I do not know enough about it to be helpful, but I was under the impression that you could change a propane smoker to natural gas by changing out the regulator.
Hope someone who knows will help you out.


----------



## richtee (Feb 5, 2008)

Ditto- and stop in Roll Call and intro yerself  :{)


----------



## glued2it (Feb 5, 2008)

*Converting A Propane Smoker or Grill

*Some manufacturers provide modification kits for LPG to NG. (Liquid propane gas to natural gas) If you'd like to convert yours, contact the manufacturer to see if a conversion is available.


*NG Smoker and Grill Manufacturers*

Manufacturers of natural gas grills and smokers include Weber, Ducane, Fire Magic, Viking, and KitchenAid.
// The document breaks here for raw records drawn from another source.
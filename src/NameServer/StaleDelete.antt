-- ===== src/NameServer/StaleDelete.antt =====
-- DELETE of name_server/client_handler.c, which looks a file up and checks its owner at one time, and
-- removes it at another, with no lock held between.
use distributed_concurrent_f.HashTable.{HashTable}
use distributed_concurrent_f.NameServer.{NameServer}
These are but a few of the many brands available.


----------



## ds7662 (Feb 5, 2008)

Not gonna see many if any "smokers" made for natural gas. Takes away the poratbility. 
If this is what you want then best bet is to Do as Glued said and get a conversion kit, and convert propane one to natural gas.


----------



## packplantpath (Feb 5, 2008)

Look up the afterburner brand, they have a conversion.

http://gassmoker.com/dual fuel.htm

I don't have one, but several people on here have the afterburner.


----------



## farqart (Feb 12, 2008)

Smoke Vault (by Camp Chef) has a natural gas conversation kit for their propane model. Kit costs around $70 and with the price of the smoker (18" model - $200.00 and 24" model $250.00), it still should fit well into your budget.
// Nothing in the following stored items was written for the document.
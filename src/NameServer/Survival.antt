-- ===== src/NameServer/Survival.antt =====
-- The end and the next start of the name server, as one step, over name_server/persistence.c: which files
-- and users are still there.
use mathlib.Core.List.{map}
use distributed_concurrent_f.Prelude.{
  ℕ, ◌≤◌, true, ◌||◌, List, [], ◌∷◌, ◌++◌, ◌≡◌, ◌≢◌, ◌∙◌, refl, ap, arith, none, some, Bytes, ℤ,
  ltb, All, length, max_name, copy_name_short,
}
use distributed_concurrent_f.CString.Lines.{IsLine, fgets_lines-unlines, trim_newline_line}
use distributed_concurrent_f.HashTable.{ht_get, ht_create}
use distributed_concurrent_f.HashTable.Chain.{FileMetadata, chain_find}
use distributed_concurrent_f.HashTable.Laws.{IsTable}
use distributed_concurrent_f.Persistence.{file_lines, files_text, users_text}
use distributed_concurrent_f.Persistence.Line.{IsSaved, reloaded}
use distributed_concurrent_f.Persistence.Survives.{survives-some, survives-none}
use distributed_concurrent_f.NameServer.{
  NameServer, all_files, is_user, check_access, nm_save_files, nm_save_users,
}
use distributed_concurrent_f.NameServer.Restart.{
  load_users, nm_load_files, nm_load_users, nm_create, nm_free, restart, load_file, load_files,
  blank,
}
use distributed_concurrent_f.NameServer.Reload.{kept, ended, find-all_files, get-load_files}
use distributed_concurrent_f.NameServer.Saved.{lines-IsLine, found-IsSaved, check-reloaded}

load_users_table : (nm : NameServer) → (nm_load_users nm).file_table ≡ nm.file_table
unfolding nm_load_users
load_users_table nm = ground arith

load_files_users :
    (now : ℤ) (nm : NameServer) (lines : List Bytes)
    → ((load_files now nm lines).saved_users ≡ nm.saved_users)
      × ((load_files now nm lines).all_users_list ≡ nm.all_users_list)
unfolding load_files load_file
load_files_users now nm [] = (refl, refl)
load_files_users now nm (line ∷ lines) =
    ground (arith, load_files_users now (load_file now nm line) lines)

-- The server before the users are loaded.
abbrev with_files : ℤ → NameServer → NameServer
with_files now nm =
    load_files now
      (blank nm.can_save (some (files_text (all_files nm.file_table)))
        (some (users_text nm.all_users_list)))
      (ended (all_files nm.file_table))

-- What is saved of a file is the same, and everybody's rights are.
pub record SameFile (m k : FileMetadata) : Type 0 where
  pub filename : k.filename ≡ m.filename
  pub owner : k.owner ≡ m.owner
  pub place : (k.ss_ip ≡ m.ss_ip) × (k.ss_client_port ≡ m.ss_client_port)
  pub numbers : (k.size ≡ m.size) × (k.word_count ≡ m.word_count) × (k.char_count ≡ m.char_count)
  pub modified : k.last_modified ≡ m.last_modified
  pub rights : (user : Bytes) (wanted : ℕ) → check_access k user wanted ≡ check_access m user wanted

-- A user name that can be saved.
abbrev pub IsUserLine : Bytes → Type 0
IsUserLine w = (w ≢ []) × IsLine w × (length w ≤ max_name)

nonempty_length : (w : Bytes) → w ≢ [] → ltb 0 (length w) ≡ true
nonempty_length [] h = absurd (h refl)
nonempty_length (c ∷ w) h = ground arith

load_users_step :
    (old : List Bytes) (u : Bytes) (lines : List Bytes)
    → IsUserLine u
    → load_users old ((u ++ 10 ∷ []) ∷ lines) ≡ load_users (u ∷ old) lines
unfolding load_users
load_users_step old u lines h =
    rw (trim_newline_line u h.1.0, nonempty_length u h.0, copy_name_short u h.2) refl

load_users-reverse :
    (users old : List Bytes) (q : Bytes)
    → All IsUserLine users
    → is_user (load_users old (map (λ w. w ++ 10 ∷ []) users)) q
      ≡ (is_user users q || is_user old q)
unfolding is_user
load_users-reverse [] old q h = unfold load_users in refl
load_users-reverse (u ∷ users) old q h =
    ap (λ l. is_user l q) (load_users_step old u (map (λ w. w ++ 10 ∷ []) users) h.0)
    ∙ load_users-reverse users (u ∷ old) q h.1
    ∙ ground arith

users-IsLine : (l : List Bytes) → All IsUserLine l → All IsLine l
users-IsLine [] h = tt
users-IsLine (u ∷ l) h = (h.0.1, users-IsLine l h.1)

is_user-load_users :
    (nm : NameServer) (users : List Bytes) (q : Bytes)
    → nm.saved_users ≡ some (users_text users)
    → nm.all_users_list ≡ []
    → All IsUserLine users
    → is_user (nm_load_users nm).all_users_list q ≡ is_user users q
unfolding nm_load_users users_text
is_user-load_users nm users q e empty h =
    rw (e, empty, fgets_lines-unlines users (users-IsLine users h))
      (load_users-reverse users [] q h ∙ (unfold is_user in ground arith))

module _ (nm : NameServer) (now : ℤ) (writable : nm.can_save ≡ true)
    (s : All IsSaved (all_files nm.file_table)) where
  restart-eq : restart nm now ≡ nm_load_users (with_files now nm)
  unfolding nm_free nm_save_files nm_save_users nm_create nm_load_files files_text
  restart-eq =
      rw writable
        (rw (fgets_lines-unlines (file_lines (all_files nm.file_table)) (lines-IsLine _ s)) refl)

  pub get-restart :
      (q : Bytes)
      → IsTable nm.file_table
      → ht_get (restart nm now).file_table q ≡ kept now (ht_get nm.file_table q)
  get-restart q v =
      ap (λ (r : NameServer). ht_get r.file_table q) restart-eq
      ∙ ap (λ t. ht_get t q) (load_users_table (with_files now nm))
      ∙ get-load_files now (blank nm.can_save _ _) (all_files nm.file_table) q s
      ∙ rw no_file (find-all_files now nm.file_table q v)
    where
      no_file : ht_get ht_create q ≡ none
      no_file = unfold ht_get ht_create chain_find in refl

  -- A file of a well-formed table whose access list is not empty is there again when the name
  -- server has been ended and started: with its owner, its address and its numbers, and everybody
  -- has the rights to it that they had. All files of the table can be saved, and the state files
  -- can be written.
  pub restart-SameFile :
      (q : Bytes) (m : FileMetadata)
      → IsTable nm.file_table
      → ht_get nm.file_table q ≡ some m
      → m.access_list ≢ []
      → (k : FileMetadata) × (ht_get (restart nm now).file_table q ≡ some k) × SameFile m k
  restart-SameFile q m v e full =
      let saved = found-IsSaved nm.file_table q m s e in
      (
        reloaded now m,
        get-restart q v ∙ ap (kept now) e ∙ survives-some now m full,
        record {
          filename = refl;
          owner = refl;
          place = (refl, refl);
          numbers = (refl, refl, refl);
          modified = refl;
          rights = λ user wanted. check-reloaded now m user wanted saved;
        },
      )

  -- A file of a well-formed table whose access list is empty is gone when the name server has been
  -- ended and started. All files of the table can be saved, and the state files can be written.
  pub restart-eq-none :
      (q : Bytes) (m : FileMetadata)
      → IsTable nm.file_table
      → ht_get nm.file_table q ≡ some m
      → m.access_list ≡ []
      → ht_get (restart nm now).file_table q ≡ none
  restart-eq-none q m v e empty = get-restart q v ∙ ap (kept now) e ∙ survives-none now m empty

  -- The same users are registered when the name server has been ended and started. Their names and
  -- all files of the table can be saved, and the state files can be written.
  pub is_user-restart :
      (q : Bytes)
      → All IsUserLine nm.all_users_list
      → is_user (restart nm now).all_users_list q ≡ is_user nm.all_users_list q
  is_user-restart q h =
      let rest =
        load_files_users now
          (blank nm.can_save (some (files_text (all_files nm.file_table)))
            (some (users_text nm.all_users_list)))
          (ended (all_files nm.file_table)) in
      ap (λ (r : NameServer). is_user r.all_users_list q) restart-eq
      ∙ is_user-load_users (with_files now nm) nm.all_users_list q rest.0 rest.1 h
The Smoke Vault is pretty well liked in this forum. It's heavier than the GOSM
and it is has a stainless steel box.


FARQART


----------



## graybeard (Feb 12, 2009)

If you can drill a hole you're set and it won't cost nuttin. Call your gas company and they will tell you what size bit you need. Drill the orifice and take off your regulator and fire it up!

beard


----------



## smokeguy (Feb 12, 2009)

Not really what you were wanting, but to me it was interesting.  You get more power (2.4 times more) from propane so you use less, but the cost difference comes out with natural gas coming out ahead based on this site's cost numbers.  
http://www.propane101.com/propanevsnaturalgas.htm

I had a natural gas grill that came with the first home I bought and it worked great until it rusted out.  I turned heavily to charcoal after that so never replaced it until I got a propane grill with a side burner a couple of years ago when Rita came through so that I could have a "turn it on and cook or boil water" backup.


----------



## petesque (Feb 12, 2009)

Smoke guy

 You ain't boiling ribs like Babba?


Pete


----------



## smokeguy (Feb 13, 2009)

Yyyyummm, boiled ribs.....
	

	
	
		
		



		
		
	


	





Naw, no boiled ribs for me. I didn't have a smoker back in the 1st house. Didn't even know what one was unless it was me and a Marlboro! Glad I quit that crap (of course, I need to lose weight now lol).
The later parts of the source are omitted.